Por unanimidade, Plenário do Supremo validou a atuação do MPC como auxiliar na cobrança judicial decorrente de condenações das Cortes de Contas e afastou alegação de invasão de atribuições de procurador estadual
O Supremo Tribunal Federal (STF) decidiu, por unanimidade, que o Ministério Público de Contas (MPC) possui legitimidade para atuar como facilitador na cobrança judicial de multas e débitos decorrentes de condenações do Tribunal de Contas Estadual (TCE). Ao julgar a Ação Direta de Inconstitucionalidade (ADI) 7549, a Suprema Corte validou norma de Santa Catarina que autoriza o MPC local a remeter peças processuais e fornecer subsídios para que o Estado promova as execuções e entendeu que isso não representa invasão das atribuições dos procuradores do Estado.
Na ação, a Associação Nacional dos Procuradores dos Estados e do Distrito Federal (Anape) questionava dispositivo da Lei Orgânica do TCE de Santa Catarina (Lei Complementar estadual 202/2000) que autoriza a cobrança judicial de dívidas por intermédio do MPC. A associação argumentava que o dispositivo violaria o art. 132 da Constituição Federal, que reserva aos Procuradores de Estado a representação judicial exclusiva dos entes federados.
Em seu voto, o relator do caso, ministro Nunes Marques, enfatizou que o modelo adotado em Santa Catarina é simétrico ao da União (Lei 8.443/1992), onde o Ministério Público junto ao Tribunal de Contas da União (MPTCU) atua para viabilizar a cobrança por meio da Advocacia-Geral da União (AGU). A norma não confere ao MPC a atribuição para executar as decisões do órgão de controle externo. Ela apenas organiza um fluxo de cooperação: cabe ao MPC reunir os documentos e encaminhar as informações necessárias para que a Procuradoria-Geral do Estado faça a cobrança judicial. No Espírito Santo, a atuação do MPC também ocorre no mesmo sentido.

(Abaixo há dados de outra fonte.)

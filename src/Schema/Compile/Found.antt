-- ===== src/Schema/Compile/Found.antt =====
-- The contracts of one path: each method that its item has is found among them.
use light_waf.Prelude.{
  Bool, true, false, ◌&&◌, ◌||◌, Option, none, some, List, [], ◌∷◌, ◌++◌, Bytes, codes, ◌≡◌, refl,
  sym, ap, ◌∙◌, subst, arith, any, filterb, ◌=bytes◌, Bool-cases, Option-cases, inl, inr,
}
use light_waf.Prelude.Dict.{=bytes_same}
use light_waf.Schema.Value.{Value, Members, member}
use light_waf.Schema.Router.{has_member}
use light_waf.Schema.Outcome.{Result, ok, map_err, ◌>>=◌, >>=-ok}
use light_waf.Schema.Contract.{CompiledOp}
use light_waf.Schema.Enforce.{find_op}
use light_waf.Schema.Compile.{compile_op, compile_methods}

or_assoc : (a b c : Bool) → (a || (b || c)) ≡ ((a || b) || c)
or_assoc a b c = ground arith

module _ {Validator : Type 0} where
  abbrev pub has_op : List ((Bytes × Bytes) × CompiledOp Validator) → Bytes → Bytes → Bool
  has_op [] template method = false
  has_op (((t, m), op) ∷ ops) template method =
      ((t =bytes template) && (m =bytes method)) || has_op ops template method

  pub find_op-has_op :
      (ops : List ((Bytes × Bytes) × CompiledOp Validator)) (template method : Bytes)
      → has_op ops template method ≡ true
      → (op : CompiledOp Validator) × (find_op ops template method ≡ some op)
  unfolding find_op
  find_op-has_op [] template method h = absurd (cc h)
  find_op-has_op (((t, m), op) ∷ ops) template method h =
      elim (Bool-cases ((t =bytes template) && (m =bytes method))) [
        | inl here ↦ (op, rw here refl)
        | inr there ↦ rw there (find_op-has_op ops template method (rw there at h))
      ]

  pub has_op-append :
      (xs ys : List ((Bytes × Bytes) × CompiledOp Validator)) (template method : Bytes)
      → has_op (xs ++ ys) template method ≡ (has_op xs template method || has_op ys template method)
  has_op-append [] ys template method = refl
  has_op-append (((t, m), op) ∷ xs) ys template method =
      ap (λ b. ((t =bytes template) && (m =bytes method)) || b)
        (has_op-append xs ys template method)
      ∙ or_assoc ((t =bytes template) && (m =bytes method)) (has_op xs template method)
          (has_op ys template method)

has_member-none : (item : Members) (m : Bytes) → member m item ≡ none → has_member item m ≡ false
unfolding has_member
has_member-none item m e = rw (e, has_member) refl

has_member-some :
    (item : Members) (m : Bytes) (v : Value) → member m item ≡ some v → has_member item m ≡ true
unfolding has_member
has_member-some item m v e = rw (e, has_member) refl

module _ {Validator : Type 0} (pointer : Value → Bytes → Option Value)
    (validator_for : Value → Result Validator) (to_uppercase : Bytes → Bytes) (doc : Value)
    (is_3_0 strict_body : Bool) where
  abbrev pub methods_ops :
      Bytes → Members → List Bytes → Result (List ((Bytes × Bytes) × CompiledOp Validator))
  methods_ops = compile_methods pointer validator_for to_uppercase doc is_3_0 strict_body

  compile_methods-none :
      (template : Bytes) (item : Members) (m : Bytes) (methods : List Bytes)
      → member m item ≡ none
      → methods_ops template item (m ∷ methods) ≡ methods_ops template item methods
  unfolding compile_methods
  compile_methods-none template item m methods e = rw (e, compile_methods) refl

  -- a method that is there contributes its contract
  compile_methods-some :
      (template : Bytes) (item : Members) (m : Bytes) (methods : List Bytes) (op : Value)
      (ops : List ((Bytes × Bytes) × CompiledOp Validator))
      → member m item ≡ some op
      → methods_ops template item (m ∷ methods) ≡ ok ops
      → (compiled : CompiledOp Validator) × (rest : List ((Bytes × Bytes) × CompiledOp Validator))
        × (methods_ops template item methods ≡ ok rest)
        × (((template, m), compiled) ∷ rest ≡ ops)
  unfolding compile_methods
  compile_methods-some template item m methods op ops e c =
      let made : Result (CompiledOp Validator) =
        map_err (λ e'. to_uppercase m ++ (codes " " ++ (template ++ (codes ": " ++ e'))))
          (compile_op pointer validator_for to_uppercase doc op (member (codes "parameters") item)
            is_3_0 strict_body) in
      let step : methods_ops template item (m ∷ methods) ≡ (
          made >>= λ compiled.
          methods_ops template item methods >>= λ rest. ok (((template, m), compiled) ∷ rest)) =
        rw (e, compile_methods) refl in
      let (compiled, c', p) = >>=-ok made _ (sym step ∙ c) in
      let (rest, c'', q) = >>=-ok (methods_ops template item methods) _ c' in
      (compiled, rest, q, cc)

  pub compile_methods-has_op :
      (template : Bytes) (item : Members) (methods : List Bytes) (method : Bytes)
      (ops : List ((Bytes × Bytes) × CompiledOp Validator))
      → methods_ops template item methods ≡ ok ops
      → any (λ x. x =bytes method) (filterb (has_member item) methods) ≡ true
      → has_op ops template method ≡ true
  compile_methods-has_op template item [] method ops c h = absurd (cc h)
  compile_methods-has_op template item (m ∷ methods) method ops c h =
      elim (Option-cases (member m item)) [
        | inl e ↦
            compile_methods-has_op template item methods method ops
              (sym (compile_methods-none template item m methods e) ∙ c)
              (rw (has_member-none item m e) at h)
        | inr (op, e) ↦
            let (compiled, rest, r, made) =
              compile_methods-some template item m methods op ops e c in
            subst (λ l. has_op l template method ≡ true) made
              (first_or_later template m method compiled rest
                (any (λ x. x =bytes method) (filterb (has_member item) methods))
                (compile_methods-has_op template item methods method rest r)
                (rw (has_member-some item m op e) at h))
      ]
    where
      first_or_later :
          (t n method : Bytes) (compiled : CompiledOp Validator)
          (rest : List ((Bytes × Bytes) × CompiledOp Validator)) (later : Bool)
          → (later ≡ true → has_op rest t method ≡ true)
          → ((n =bytes method) || later) ≡ true
          → has_op (((t, n), compiled) ∷ rest) t method ≡ true
      first_or_later t n method compiled rest later k h = elim (Bool-cases (n =bytes method)) [
        | inl same ↦ rw (=bytes_same t) (rw same refl)
        | inr other ↦ rw (=bytes_same t) (rw other (k (rw other at h)))
      ]
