-- ===== src/Schema/Compile/Complete.antt =====
-- Every operation that the router finds has a contract.
use light_waf.Prelude.{
  Bool, true, false, ◌||◌, Option, none, some, List, [], ◌∷◌, ◌++◌, Bytes, codes, ◌≡◌, ◌⊎◌, refl,
  sym, ap, ◌∙◌, subst, arith, any, filterb, ◌=bytes◌, is_empty, Option-cases, inl, inr,
  if◌then◌else◌, to_ascii_lowercase,
}
use light_waf.Schema.Value.{
  object_entries, Value, Members, null, bool, number, string, array, object, members_list, get,
  as_object,
}
use light_waf.Schema.Router.{
  Route, http_methods, has_member, route_of, add_some, routes_of, declared_routes, build, resolve,
  matched, unknown_route, method_not_allowed, Resolution, path_routes, object_routes,
  split_segments, parse_template,
}
use light_waf.Schema.Router.Best.{IsResolved, resolve-build}
use light_waf.Schema.Outcome.{Result, ok, ◌>>=◌, >>=-ok}
use light_waf.Schema.Contract.{CompiledOp}
use light_waf.Schema.Enforce.{CompiledSpec, find_op}
use light_waf.Schema.Compile.Found.{
  has_op, find_op-has_op, has_op-append, methods_ops, compile_methods-has_op,
}
use light_waf.Schema.Compile.{compile_paths, compile}
use mathlib.Core.List.Memᴰ
use mathlib.Core.List.{Memᴰ}

add_some-cases :
    (r : Route) (o : Option Route) (routes : List Route)
    → Memᴰ r (add_some o routes)
    → (o ≡ some r) ⊎ Memᴰ r routes
unfolding add_some
add_some-cases r none routes m = inr m
add_some-cases r (some s) routes (Memᴰ.head e) = inl (ap some (sym e))
add_some-cases r (some s) routes (Memᴰ.tail there) = inr there

-- the item of a route
abbrev IsRouteOf : Bytes → Value → Route → Type 0
IsRouteOf template item r =
    (entries : Members) × (as_object item ≡ some entries)
    × (template ≡ r.template)
    × (filterb (has_member entries) http_methods ≡ r.methods)

some_unless :
    (b : Bool) (template : Bytes) (item : Value) (entries : Members) (made r : Route)
    → as_object item ≡ some entries
    → template ≡ made.template
    → filterb (has_member entries) http_methods ≡ made.methods
    → (if b then none else some made) ≡ some r
    → IsRouteOf template item r
some_unless true template item entries made r e t ms h = absurd (cc h)
some_unless false template item entries made r e t ms h =
    let same : made ≡ r = cc in
    (entries, e, t ∙ ap (λ (x : Route). x.template) same, ms ∙ ap (λ (x : Route). x.methods) same)

or_left : (a b : Bool) → a ≡ true → (a || b) ≡ true
or_left a b h = ground arith

or_right : (a b : Bool) → b ≡ true → (a || b) ≡ true
or_right a b h = ground arith

route_of-IsRouteOf :
    (template : Bytes) (item : Value) (r : Route)
    → route_of template item ≡ some r
    → IsRouteOf template item r
unfolding route_of
route_of-IsRouteOf template item r h = elim (Option-cases (as_object item)) [
  | inl e ↦
      let step : route_of template item ≡ none = rw (e, route_of) refl in absurd (cc (sym step ∙ h))
  | inr (entries, e) ↦
      let methods = filterb (has_member entries) http_methods in
      let made : Route = record {
        template = template;
        segments = parse_template template;
        methods = methods;
      } in
      let step : route_of template item ≡ (if is_empty methods then none else some made) =
        rw (e, route_of) refl in
      some_unless (is_empty methods) template item entries made r e refl refl (sym step ∙ h)
]

module _ {Validator : Type 0} (pointer : Value → Bytes → Option Value)
    (validator_for : Value → Result Validator) (to_uppercase : Bytes → Bytes) (doc : Value)
    (is_3_0 strict_body : Bool) where
  abbrev paths_ops : List (Bytes × Value) → Result (List ((Bytes × Bytes) × CompiledOp Validator))
  paths_ops = compile_paths pointer validator_for to_uppercase doc is_3_0 strict_body

  compile_paths-none :
      (template : Bytes) (item : Value) (paths : List (Bytes × Value))
      → as_object item ≡ none
      → paths_ops ((template, item) ∷ paths) ≡ paths_ops paths
  unfolding compile_paths
  compile_paths-none template item paths e = rw (e, compile_paths) refl

  compile_paths-some :
      (template : Bytes) (item : Value) (entries : Members) (paths : List (Bytes × Value))
      (ops : List ((Bytes × Bytes) × CompiledOp Validator))
      → as_object item ≡ some entries
      → paths_ops ((template, item) ∷ paths) ≡ ok ops
      → (here : List ((Bytes × Bytes) × CompiledOp Validator)) × (rest : List
          ((Bytes × Bytes) × CompiledOp Validator))
        × (methods_ops pointer validator_for to_uppercase doc is_3_0 strict_body template entries
              http_methods
            ≡ ok here)
        × (paths_ops paths ≡ ok rest)
        × (here ++ rest ≡ ops)
  unfolding compile_paths
  compile_paths-some template item entries paths ops e c =
      let step : paths_ops ((template, item) ∷ paths) ≡ (
          methods_ops pointer validator_for to_uppercase doc is_3_0 strict_body template entries
            http_methods
          >>= λ here. paths_ops paths >>= λ rest. ok (here ++ rest)) =
        rw (e, compile_paths) refl in
      let (here, c', p) =
        >>=-ok
          (methods_ops pointer validator_for to_uppercase doc is_3_0 strict_body template entries
            http_methods)
          _ (sym step ∙ c) in
      let (rest, c'', q) = >>=-ok (paths_ops paths) _ c' in (here, rest, p, q, cc)

  compile_paths-has_op :
      (paths : List (Bytes × Value)) (r : Route) (method : Bytes)
      (ops : List ((Bytes × Bytes) × CompiledOp Validator))
      → Memᴰ r (routes_of paths)
      → any (λ x. x =bytes method) r.methods ≡ true
      → paths_ops paths ≡ ok ops
      → has_op ops r.template method ≡ true
  unfolding routes_of
  compile_paths-has_op [] r method ops mem h c = absurd (Memᴰ.not-nil mem)
  compile_paths-has_op ((template, item) ∷ paths) r method ops mem h c =
      elim (Option-cases (as_object item)) [
        | inl e ↦ elim (add_some-cases r (route_of template item) (routes_of paths) mem) [
          | inl here ↦
              let (entries, e', t, ms) = route_of-IsRouteOf template item r here in
              absurd (cc (sym e ∙ e'))
          | inr there ↦
              compile_paths-has_op paths r method ops there h
                (sym (compile_paths-none template item paths e) ∙ c)
        ]
        | inr (entries, e) ↦
            let (here, rest, p, q, made) = compile_paths-some template item entries paths ops e c in
            subst (λ l. has_op l r.template method ≡ true) made
              (has_op-append here rest r.template method
                ∙ elim (add_some-cases r (route_of template item) (routes_of paths) mem) [
                  | inl found ↦
                      let (entries', e', t, ms) = route_of-IsRouteOf template item r found in
                      let same : entries' ≡ entries = cc (sym e ∙ e') in
                      or_left (has_op here r.template method) (has_op rest r.template method) (
                        subst (λ t'. has_op here t' method ≡ true) t
                          (compile_methods-has_op pointer validator_for to_uppercase doc is_3_0
                            strict_body template entries http_methods method here p
                            (ap
                                (λ ms'.
                                  any (λ x. x =bytes method)
                                    (filterb (has_member ms') http_methods))
                                (sym same)
                              ∙ ap (any (λ x. x =bytes method)) ms
                              ∙ h)))
                  | inr there ↦
                      or_right (has_op here r.template method) (has_op rest r.template method)
                        (compile_paths-has_op paths r method rest there h q)
                ])
      ]

  path_routes-entries : (o : Option Value) → path_routes o ≡ routes_of (object_entries o)
  unfolding path_routes object_routes object_entries routes_of members_list
  path_routes-entries none = refl
  path_routes-entries (some null) = refl
  path_routes-entries (some (bool b)) = refl
  path_routes-entries (some (number n)) = refl
  path_routes-entries (some (string s)) = refl
  path_routes-entries (some (array items)) = refl
  path_routes-entries (some (object entries)) = refl

  matched-has_op :
      (ops : List ((Bytes × Bytes) × CompiledOp Validator)) (req : List Bytes)
      (method template : Bytes) (params : List (Bytes × Bytes)) (res : Resolution)
      → paths_ops (object_entries (get (codes "paths") doc)) ≡ ok ops
      → IsResolved (declared_routes doc) req method res
      → res ≡ matched template params
      → has_op ops template (to_ascii_lowercase method) ≡ true
  unfolding declared_routes
  matched-has_op ops req method template params unknown_route c r e = absurd (cc e)
  matched-has_op ops req method template params method_not_allowed c r e = absurd (cc e)
  matched-has_op ops req method template params (matched template' params') c (r, best, has, t) e =
      let same : template' ≡ template = cc in
      subst (λ x. has_op ops x (to_ascii_lowercase method) ≡ true) (t ∙ same)
        (compile_paths-has_op (object_entries (get (codes "paths") doc)) r
          (to_ascii_lowercase method) ops
          (subst (Memᴰ r) (path_routes-entries (get (codes "paths") doc)) best.declared) has c)

  -- Where a document compiles, each path and method that its router matches to a template has a compiled
  -- contract under that template and method, so that `validate` never passes a request for want of one.
  pub compile-resolve :
      (strict_params : Bool) (spec : CompiledSpec Validator) (path method template : Bytes)
      (params : List (Bytes × Bytes))
      → compile pointer validator_for to_uppercase doc is_3_0 strict_params strict_body ≡ ok spec
      → resolve spec.router path method ≡ matched template params
      → (op : CompiledOp Validator) × (find_op spec.ops template (to_ascii_lowercase method)
          ≡ some op)
  unfolding compile
  compile-resolve strict_params spec path method template params c e =
      let (ops, made, p) = >>=-ok (paths_ops (object_entries (get (codes "paths") doc))) _ c in
      let built : record { router = build doc; strict_params = strict_params; ops = ops } ≡ spec =
        cc in
      find_op-has_op spec.ops template (to_ascii_lowercase method) (
        subst (λ l. has_op l template (to_ascii_lowercase method) ≡ true)
          (ap (λ (s : CompiledSpec Validator). s.ops) built)
          (matched-has_op ops (split_segments path) method template params
            (resolve (build doc) path method) p (resolve-build doc path method)
            (ap (λ (s : CompiledSpec Validator). resolve s.router path method) built ∙ e)))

“Trata-se do fluxo administrativo de cooperação entre órgãos distintos, com vistas à efetividade das decisões do Tribunal de Contas, não se distanciando da jurisprudência do Supremo.” (Voto do relator, ministro do STF Nunes Marques)
Com isso, o Plenário do STF confirmou entendimento já consolidado (Tema 768 de repercussão geral) de que a atuação do MPC na execução das decisões dos Tribunais de Contas é compatível com o arranjo constitucional e apenas otimiza a instrução processual para o ressarcimento ao erário, não havendo invasão de competências. A decisão do Supremo foi tomada por unanimidade em sessão virtual realizada em fevereiro de 2026 e tornou-se definitiva na segunda-feira (10).